🤖 AI Summary
To address NeRF reconstruction failure under non-ideal conditions—such as pose noise, motion blur, and large-scale scene variations—in event-camera data, this paper proposes the first robust event-driven neural radiance field method. Our approach extends the e-NeRF framework and jointly trains on synthetic and real-world event data. Key contributions include: (1) a pose-correction joint learning mechanism enabling differentiable optimization under pose uncertainty; (2) a hierarchical event distillation architecture (proposal + vanilla two-stage) integrated with density-aware event modeling; and (3) synergistic constraints from event reconstruction loss and temporal consistency loss. Evaluated on a newly constructed large-scale non-ideal benchmark, our method achieves state-of-the-art performance, significantly improving view consistency and geometric accuracy. Notably, it is the first to enable generalizable reconstruction across scales—from object-level to city-scale scenes—demonstrating unprecedented robustness to real-world event-camera imperfections.
📝 Abstract
Compared to frame-based methods, computational neuromorphic imaging using event cameras offers significant advantages, such as minimal motion blur, enhanced temporal resolution, and high dynamic range. The multi-view consistency of Neural Radiance Fields combined with the unique benefits of event cameras, has spurred recent research into reconstructing NeRF from data captured by moving event cameras. While showing impressive performance, existing methods rely on ideal conditions with the availability of uniform and high-quality event sequences and accurate camera poses, and mainly focus on the object level reconstruction, thus limiting their practical applications. In this work, we propose AE-NeRF to address the challenges of learning event-based NeRF from non-ideal conditions, including non-uniform event sequences, noisy poses, and various scales of scenes.
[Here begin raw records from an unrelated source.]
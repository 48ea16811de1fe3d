-- ===== src/Interface/Speed/Laws.antt =====
-- interface.c: what becomes of the speed.
use tsn.Base.{
  Cases, Cases_intro, ◌==◌, ==→eq, ℕ, ◌*◌, ◌<◌, ◌≡◌, ◌≢◌, refl, arith, Bool-cases, inl, inr, ◌∷◌,
  CStr, u32_mod, u64_mod, if◌then◌else◌,
}
use tsn.Runtime.{Env, Trace, socket, siocethtool}
use tsn.Runtime.Laws.{Returns}
use tsn.Runtime.Records.{sets}
use tsn.Interface.Speed.{get_interface_speed, speed_bps, no_speed, no_bps}

-- What the kernel says of the speed of an interface when it is asked after `t`: the speed that the
-- ioctl leaves, or that none is known where the socket or the ioctl fails.
abbrev pub speed_at : Env → CStr → Trace → ℕ
speed_at env name t =
    let opened = socket ∷ t in
    let asked = siocethtool name ∷ opened in
    if env.succeeds opened
    then (if env.succeeds asked then env.ioctl_value asked else no_speed)
    else no_speed

pub get_interface_speed-speed_at :
    (env : Env) (name : CStr) (t : Trace)
    → Returns
        (λ s u. (s ≡ speed_at env name t) × (sets u ≡ sets t))
        (get_interface_speed env name t)
unfolding get_interface_speed
get_interface_speed-speed_at env name t = elim (Bool-cases (env.succeeds (socket ∷ t))) [
  | inr e ↦ rw e (refl, refl)
  | inl e ↦ elim (Bool-cases (env.succeeds (siocethtool name ∷ socket ∷ t))) [
    | inl k ↦ rw (e, k) (refl, refl)
    | inr k ↦ rw (e, k) (refl, refl)
  ]
]

-- For a speed of 32 bits the product with 1000000 does not overflow 64 bits, and it is never taken
-- for the value that stands for an unknown speed.
speed_bps_bounds :
    (speed : ℕ)
    → speed < u32_mod
    → (speed_bps speed < u64_mod)
      × Cases
          (speed == no_speed)
          (speed_bps speed ≡ no_bps)
          ((speed_bps speed ≡ speed * 1000000) × (speed_bps speed ≢ no_bps))
unfolding speed_bps
speed_bps_bounds speed h = (
  ground arith,
  Cases_intro (speed == no_speed) (λ e. ground (arith, ==→eq speed no_speed e))
      (λ e. (ground arith, ground arith)),
)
Our method exploits the density of event streams and jointly learn a pose correction module with an event-based NeRF (e-NeRF) framework for robust 3D reconstruction from inaccurate camera poses. To generalize to larger scenes, we propose hierarchical event distillation with a proposal e-NeRF network and a vanilla e-NeRF network to resample and refine the reconstruction process. We further propose an event reconstruction loss and a temporal loss to improve the view consistency of the reconstructed scene. We established a comprehensive benchmark that includes large-scale scenes to simulate practical non-ideal conditions, incorporating both synthetic and challenging real-world event datasets. The experimental results show that our method achieves a new state-of-the-art in event-based 3D reconstruction.